From the data that follows, copy every line with the string "period".

▼

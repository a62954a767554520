-- ===== src/RateLimit/TokenBucket/New.antt =====
-- What `NewTokenBucket` returns.
use native.Mathlib.Decide.{dec_lt}
use go_mini_gateway.Common.{
  ℕ, zero, suc, ◌+◌, ◌/◌, ◌≡◌, ◌≢◌, ◌⊎◌, ℤ, pos, negsuc, pos_part, Text, true, false, none, some,
  arith, second, inl, inr, ◌∙◌, ◌≤ℤ◌, ◌<ℤ◌,
}
use go_mini_gateway.RateLimit.TokenBucket.{
  TokenBucket, created, panicked, fill, start, new_token_bucket,
}

fill_lem : (n : ℕ) (b : TokenBucket) → fill n b ≡ record b { tokens = b.tokens + n }
unfolding fill
fill_lem zero b = ground arith
fill_lem (suc n) b = fill_lem n (record b { tokens = b.tokens + 1 }) ∙ ground arith

-- A bucket as it leaves the constructor.
abbrev pub full : Text → ℕ → ℕ → TokenBucket
full name rate burst = record {
  name = name;
  rate = rate;
  burst = burst;
  tokens = burst;
  period = second / rate;
  ticking = true;
  done = false;
  refilling = true;
  has_tick = false;
}

start_lem :
    (name : Text) (rate burst : ℕ)
    → second / rate ≢ 0
    → start name rate burst ≡ created (some (full name rate burst))
unfolding start
start_lem name rate burst h = rw fill_lem (ground arith)

start_panics : (name : Text) (rate burst : ℕ) → second / rate ≡ 0 → start name rate burst ≡ panicked
unfolding start
start_panics name rate burst h = ground arith

-- The constructor makes no bucket for a rate or a burst that is not positive; for a positive burst it
-- panics when the rate is above the nanoseconds of a second, and otherwise makes a full bucket whose
-- ticker has the period `second / rate`.
pub new_token_bucket_lem :
    (name : Text) (rate burst : ℤ)
    → (((rate ≤ℤ pos 0) ⊎ (burst ≤ℤ pos 0)) × (new_token_bucket name rate burst ≡ created none))
      ⊎ ((pos second <ℤ rate) × (pos 0 <ℤ burst) × (new_token_bucket name rate burst ≡ panicked))
      ⊎ ((pos 0 <ℤ rate)
          × (rate ≤ℤ pos second)
          × (pos 0 <ℤ burst)
          × (new_token_bucket name rate burst
              ≡ created (some (full name (pos_part rate) (pos_part burst)))))
unfolding new_token_bucket
new_token_bucket_lem name (negsuc r) burst = inl (inl (omega arith), ground arith)
new_token_bucket_lem name (pos r) (negsuc n) = inl (inr (omega arith), ground arith)
new_token_bucket_lem name (pos r) (pos n) = elim (dec_lt 0 r) [
  | no no_rate ↦ inl (inl (omega arith), ground arith)
  | yes rate ↦ elim (dec_lt 0 n) [
    | no no_burst ↦ inl (inr (omega arith), ground arith)
    | yes burst ↦ elim (dec_lt second r) [
      | yes fast ↦
          inr (inl (omega arith, omega arith, ground (arith, start_panics name r n (grind arith))))
      | no slow ↦ inr (
          inr (
            omega arith,
            omega arith,
            omega arith,
            ground (arith, start_lem name r n (grind arith)),
          ))
    ]
  ]
]

-- A bucket that was made is full, and has the period of its rate.
pub created-eq_full :
    (name : Text) (rate burst : ℤ) (b : TokenBucket)
    → new_token_bucket name rate burst ≡ created (some b)
    → b ≡ full name (pos_part rate) (pos_part burst)
created-eq_full name rate burst b h = elim (new_token_bucket_lem name rate burst) [
  | inl (_, e) ↦ cc
  | inr (inl (_, _, e)) ↦ cc
  | inr (inr (_, _, _, e)) ↦ cc
]
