-- ===== src/Service.antt =====
-- A server that is built on this library: the handlers, the callback, the worker on the same client, the
-- sweeper of states and the goroutines that revoke tokens, one after another in any order. The worker is
-- there whole, and call by call.
pub mod Isolation
pub mod Keeping
pub mod Renewing
pub mod Consenting
pub mod Soundness
mod Tests
use google_photos_picker.Base.{ℤ, ℕ, zero, suc, Bool, String, List, [], ◌∷◌}
use google_photos_picker.Exec.{Context}
use google_photos_picker.System.{System}
use google_photos_picker.OAuth.{Oauth2}
use google_photos_picker.StateStore.{gc_tick}
use google_photos_picker.Picker.{
  MediaItem, Readers, list_session_media_items, download_media_item, delete_picker_session,
}
use google_photos_picker.Client.{World, on_tokens, on_imports, close_client, revoke_at_google}
use google_photos_picker.Handlers.{Incoming, Handlers, callback}
use google_photos_picker.Handlers.Access.{Operation, serve}
use google_photos_picker.Worker.{Worker, authorize, run_tick}

module _ {T J X : Type 0} (sys : System X) (lib : Oauth2 X) (readers : Readers) (h : Handlers T J X)
    (poll_interval job_timeout : ℤ) where
  -- The worker shares the client of the handlers.
  abbrev pub worker : Worker T J X
  worker = record { client = h.client; poll_interval = poll_interval; job_timeout = job_timeout }

  -- One call of the worker to a store or to Google, by itself: the calls of a worker, or of several, come
  -- in any order between all else. A call of the sink is time that passes.
  pub data Call : Type 0 where
    claims : Context X → Call
    lists : ℕ → Context X → String → String → Call
    downloads : Context X → String → MediaItem → Call
    totals : Context X → String → ℕ → Call
    succeeds : Context X → String → String → Call
    fails : Context X → String → Call
    completes : Context X → String → Call
    gives_up : Context X → String → String → Call
    deletes : Context X → String → String → Call

  unfoldable pub after_call : Call → World T J X → World T J X
  after_call (claims ctx) w = (on_imports (h.client.imports.claim_next_pending ctx) w).1
  after_call (lists pages ctx user_id session_id) w =
      (on_tokens
        (list_session_media_items readers h.client.http_client (authorize sys lib readers worker)
          pages ctx user_id session_id)
        w).1
  after_call (downloads ctx user_id item) w =
      (on_tokens
        (download_media_item readers h.client.http_client (authorize sys lib readers worker) ctx
          user_id item h.client.download_cap h.client.max_decoded_bytes)
        w).1
  after_call (totals ctx id n) w = (on_imports (h.client.imports.set_total ctx id n) w).1
  after_call (succeeds ctx id saved_id) w =
      (on_imports (h.client.imports.record_item_success ctx id saved_id) w).1
  after_call (fails ctx id) w = (on_imports (h.client.imports.record_item_failure ctx id) w).1
  after_call (completes ctx id) w = (on_imports (h.client.imports.mark_complete ctx id) w).1
  after_call (gives_up ctx id message) w =
      (on_imports (h.client.imports.mark_failed ctx id message) w).1
  after_call (deletes ctx user_id session_id) w =
      (on_tokens
        (delete_picker_session readers h.client.http_client (authorize sys lib readers worker) ctx
          user_id session_id)
        w).1

  pub data Event : Type 0 where
    served : Operation sys lib readers h → Incoming X → Event
    called_back : Incoming X → Event
    drained : ℕ → ℕ → Context X → Event  -- a tick of the worker, whole, with its fuel
    called : Call → Event
    swept : Bool → Event  -- a tick of the sweeper, with the choice of `select`
    revoked : Event  -- the goroutine of the latest disconnection runs
    closed : Event
    elapsed : (X → X) → Event  -- what happens outside

  abbrev pub revoke_latest : List String → World T J X → World T J X
  revoke_latest [] w = w
  revoke_latest (token ∷ rest) w = record w {
    revoking = rest;
    env = revoke_at_google sys lib readers h.client token w.env;
  }

  unfoldable pub after_event : Event → World T J X → World T J X
  unfolding serve callback gc_tick close_client revoke_at_google
  after_event (served op r) w = (serve sys lib readers h op r w).1
  after_event (called_back r) w = (callback sys lib readers h r w).1
  after_event (drained jobs pages ctx) w = run_tick sys lib readers worker jobs pages ctx w
  after_event (called c) w = after_call c w
  after_event (swept chose_stop) w = record w {
    states = gc_tick chose_stop (sys.now w.env) w.states;
  }
  after_event revoked w = revoke_latest w.revoking w
  after_event closed w = close_client w
  after_event (elapsed f) w = record w { env = f w.env }

  unfoldable pub run : List Event → World T J X → World T J X
  unfolding after_event
  run [] w = w
  run (e ∷ es) w = run es (after_event e w)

▲

_Answer area_
  period = second / rate;
-- ticker has the period `second / rate`.
-- A bucket that was made is full, and has the period of its rate.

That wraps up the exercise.